## What is needed
When you reach the line containing "v ≡ (done, c')" in the entries below, begin reproducing lines exactly, and stop once the line containing "map-snoc f p v (w" is done.

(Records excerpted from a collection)
__________

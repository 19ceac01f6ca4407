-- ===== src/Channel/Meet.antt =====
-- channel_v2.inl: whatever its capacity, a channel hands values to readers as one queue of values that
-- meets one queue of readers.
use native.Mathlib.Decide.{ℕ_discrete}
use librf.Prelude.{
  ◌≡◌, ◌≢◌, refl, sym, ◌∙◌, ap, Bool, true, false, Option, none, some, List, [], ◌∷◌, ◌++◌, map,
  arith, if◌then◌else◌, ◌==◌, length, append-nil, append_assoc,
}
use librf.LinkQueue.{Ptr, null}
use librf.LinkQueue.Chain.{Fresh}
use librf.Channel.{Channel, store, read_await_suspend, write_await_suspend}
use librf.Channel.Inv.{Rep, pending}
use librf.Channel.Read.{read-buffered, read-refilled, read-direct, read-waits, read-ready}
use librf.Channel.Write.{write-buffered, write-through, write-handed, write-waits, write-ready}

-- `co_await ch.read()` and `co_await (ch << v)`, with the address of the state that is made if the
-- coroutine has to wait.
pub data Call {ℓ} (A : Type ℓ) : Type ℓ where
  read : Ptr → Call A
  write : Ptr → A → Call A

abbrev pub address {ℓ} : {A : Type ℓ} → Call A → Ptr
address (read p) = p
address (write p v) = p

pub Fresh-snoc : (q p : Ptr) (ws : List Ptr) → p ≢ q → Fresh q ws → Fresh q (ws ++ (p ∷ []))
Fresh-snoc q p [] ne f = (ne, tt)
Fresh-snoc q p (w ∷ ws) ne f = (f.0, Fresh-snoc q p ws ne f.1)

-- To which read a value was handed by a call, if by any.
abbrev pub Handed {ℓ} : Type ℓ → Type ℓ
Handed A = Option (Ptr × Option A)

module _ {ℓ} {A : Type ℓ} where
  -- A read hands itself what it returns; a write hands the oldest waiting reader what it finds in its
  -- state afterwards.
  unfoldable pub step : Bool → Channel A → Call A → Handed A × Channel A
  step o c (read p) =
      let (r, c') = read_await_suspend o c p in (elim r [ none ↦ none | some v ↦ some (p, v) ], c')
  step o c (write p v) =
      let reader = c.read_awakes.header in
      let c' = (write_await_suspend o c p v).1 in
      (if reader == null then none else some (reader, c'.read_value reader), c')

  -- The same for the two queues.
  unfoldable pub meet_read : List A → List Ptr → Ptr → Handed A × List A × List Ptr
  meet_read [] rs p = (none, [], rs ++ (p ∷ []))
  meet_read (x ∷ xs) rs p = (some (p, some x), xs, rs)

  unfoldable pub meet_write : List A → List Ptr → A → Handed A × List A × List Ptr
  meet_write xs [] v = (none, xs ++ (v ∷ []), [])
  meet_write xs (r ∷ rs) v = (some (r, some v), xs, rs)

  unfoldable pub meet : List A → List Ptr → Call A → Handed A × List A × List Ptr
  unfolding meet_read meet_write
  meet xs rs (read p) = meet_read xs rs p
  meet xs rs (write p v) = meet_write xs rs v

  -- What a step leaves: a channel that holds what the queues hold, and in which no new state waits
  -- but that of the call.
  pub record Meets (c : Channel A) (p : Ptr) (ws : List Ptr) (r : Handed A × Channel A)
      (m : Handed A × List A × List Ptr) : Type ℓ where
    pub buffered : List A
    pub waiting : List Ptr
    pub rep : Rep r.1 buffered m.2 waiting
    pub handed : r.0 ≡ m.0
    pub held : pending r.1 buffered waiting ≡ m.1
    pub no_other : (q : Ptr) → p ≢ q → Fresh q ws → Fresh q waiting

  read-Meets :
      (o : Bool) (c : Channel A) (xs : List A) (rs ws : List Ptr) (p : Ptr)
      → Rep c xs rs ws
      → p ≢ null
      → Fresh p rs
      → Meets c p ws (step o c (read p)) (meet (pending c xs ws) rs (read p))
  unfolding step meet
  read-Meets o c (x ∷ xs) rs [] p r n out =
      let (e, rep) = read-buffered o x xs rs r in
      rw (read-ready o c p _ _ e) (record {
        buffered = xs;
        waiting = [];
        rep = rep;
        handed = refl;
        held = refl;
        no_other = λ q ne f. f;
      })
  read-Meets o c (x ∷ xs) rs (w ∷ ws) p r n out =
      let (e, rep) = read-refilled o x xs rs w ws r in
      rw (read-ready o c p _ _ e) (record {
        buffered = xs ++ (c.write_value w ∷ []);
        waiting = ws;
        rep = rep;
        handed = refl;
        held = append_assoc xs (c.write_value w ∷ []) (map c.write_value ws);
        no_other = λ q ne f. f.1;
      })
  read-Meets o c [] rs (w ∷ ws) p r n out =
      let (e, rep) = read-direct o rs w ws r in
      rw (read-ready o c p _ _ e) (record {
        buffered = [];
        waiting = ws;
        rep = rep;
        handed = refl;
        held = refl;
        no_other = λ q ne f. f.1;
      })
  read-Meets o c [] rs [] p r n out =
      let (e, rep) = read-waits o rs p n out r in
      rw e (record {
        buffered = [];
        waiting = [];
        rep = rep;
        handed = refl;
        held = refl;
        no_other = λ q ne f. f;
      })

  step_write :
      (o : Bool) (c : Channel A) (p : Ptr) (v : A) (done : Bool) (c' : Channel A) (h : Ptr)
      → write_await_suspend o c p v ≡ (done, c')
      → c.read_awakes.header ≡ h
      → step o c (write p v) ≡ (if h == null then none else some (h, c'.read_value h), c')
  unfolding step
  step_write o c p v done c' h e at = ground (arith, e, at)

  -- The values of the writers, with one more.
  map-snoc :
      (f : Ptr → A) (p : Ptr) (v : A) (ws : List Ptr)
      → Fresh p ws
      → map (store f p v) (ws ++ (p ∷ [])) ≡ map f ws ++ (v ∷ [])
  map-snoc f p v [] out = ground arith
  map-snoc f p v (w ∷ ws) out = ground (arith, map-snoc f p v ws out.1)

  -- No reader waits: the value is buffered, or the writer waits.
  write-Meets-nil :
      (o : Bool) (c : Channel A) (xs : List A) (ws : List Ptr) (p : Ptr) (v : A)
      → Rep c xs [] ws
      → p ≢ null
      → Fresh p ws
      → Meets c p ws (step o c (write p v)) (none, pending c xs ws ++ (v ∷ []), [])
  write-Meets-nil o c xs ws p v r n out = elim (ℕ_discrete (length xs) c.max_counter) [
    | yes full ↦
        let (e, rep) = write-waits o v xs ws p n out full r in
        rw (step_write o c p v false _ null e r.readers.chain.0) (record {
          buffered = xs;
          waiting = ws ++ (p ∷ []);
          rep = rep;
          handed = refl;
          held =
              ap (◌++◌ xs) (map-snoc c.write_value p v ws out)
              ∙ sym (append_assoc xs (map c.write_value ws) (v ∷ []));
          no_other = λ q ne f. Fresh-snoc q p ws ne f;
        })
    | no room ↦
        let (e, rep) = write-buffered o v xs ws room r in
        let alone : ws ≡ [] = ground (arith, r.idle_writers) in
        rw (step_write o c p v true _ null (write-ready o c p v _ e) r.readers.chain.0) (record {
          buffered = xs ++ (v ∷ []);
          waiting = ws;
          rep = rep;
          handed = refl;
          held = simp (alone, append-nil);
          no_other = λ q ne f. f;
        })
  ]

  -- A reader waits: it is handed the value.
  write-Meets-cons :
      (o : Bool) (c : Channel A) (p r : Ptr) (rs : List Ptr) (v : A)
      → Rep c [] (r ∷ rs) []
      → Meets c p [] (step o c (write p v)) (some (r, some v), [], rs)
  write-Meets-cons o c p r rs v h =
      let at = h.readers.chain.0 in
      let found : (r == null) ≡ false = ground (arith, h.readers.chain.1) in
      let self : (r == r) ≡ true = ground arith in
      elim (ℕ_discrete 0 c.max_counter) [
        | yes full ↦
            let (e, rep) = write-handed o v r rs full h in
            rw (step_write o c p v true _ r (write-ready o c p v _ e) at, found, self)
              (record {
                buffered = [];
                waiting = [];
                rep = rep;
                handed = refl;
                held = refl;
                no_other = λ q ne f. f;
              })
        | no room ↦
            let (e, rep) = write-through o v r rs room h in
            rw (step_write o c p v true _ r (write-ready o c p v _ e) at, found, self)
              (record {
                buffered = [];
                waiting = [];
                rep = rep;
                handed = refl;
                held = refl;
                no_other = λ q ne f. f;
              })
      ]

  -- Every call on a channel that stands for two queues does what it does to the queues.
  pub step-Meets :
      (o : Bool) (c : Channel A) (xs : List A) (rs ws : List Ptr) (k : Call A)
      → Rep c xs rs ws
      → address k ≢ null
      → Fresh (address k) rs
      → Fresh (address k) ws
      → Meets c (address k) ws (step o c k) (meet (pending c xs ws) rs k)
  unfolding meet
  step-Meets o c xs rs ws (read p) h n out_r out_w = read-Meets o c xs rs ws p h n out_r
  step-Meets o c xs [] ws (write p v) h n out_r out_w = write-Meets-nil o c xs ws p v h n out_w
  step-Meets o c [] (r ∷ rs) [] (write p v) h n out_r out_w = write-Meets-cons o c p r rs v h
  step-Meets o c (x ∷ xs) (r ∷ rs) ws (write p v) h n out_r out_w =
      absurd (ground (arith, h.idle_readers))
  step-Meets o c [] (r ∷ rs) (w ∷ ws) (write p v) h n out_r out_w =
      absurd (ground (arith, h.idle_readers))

__________

## Answer section
      → write_await_suspend o c p v ≡ (done, c')
      → c.read_awakes.header ≡ h
      → step o c (write p v) ≡ (if h == null then none else some (h, c'.read_value h), c')
  unfolding step
  step_write o c p v done c' h e at = ground (arith, e, at)

  -- The values of the writers, with one more.
  map-snoc :
      (f : Ptr → A) (p : Ptr) (v : A) (ws : List Ptr)
      → Fresh p ws
      → map (store f p v) (ws ++ (p ∷ [])) ≡ map f ws ++ (v ∷ [])
  map-snoc f p v [] out = ground arith
  map-snoc f p v (w ∷ ws) out = ground (arith, map-snoc f p v ws out.1)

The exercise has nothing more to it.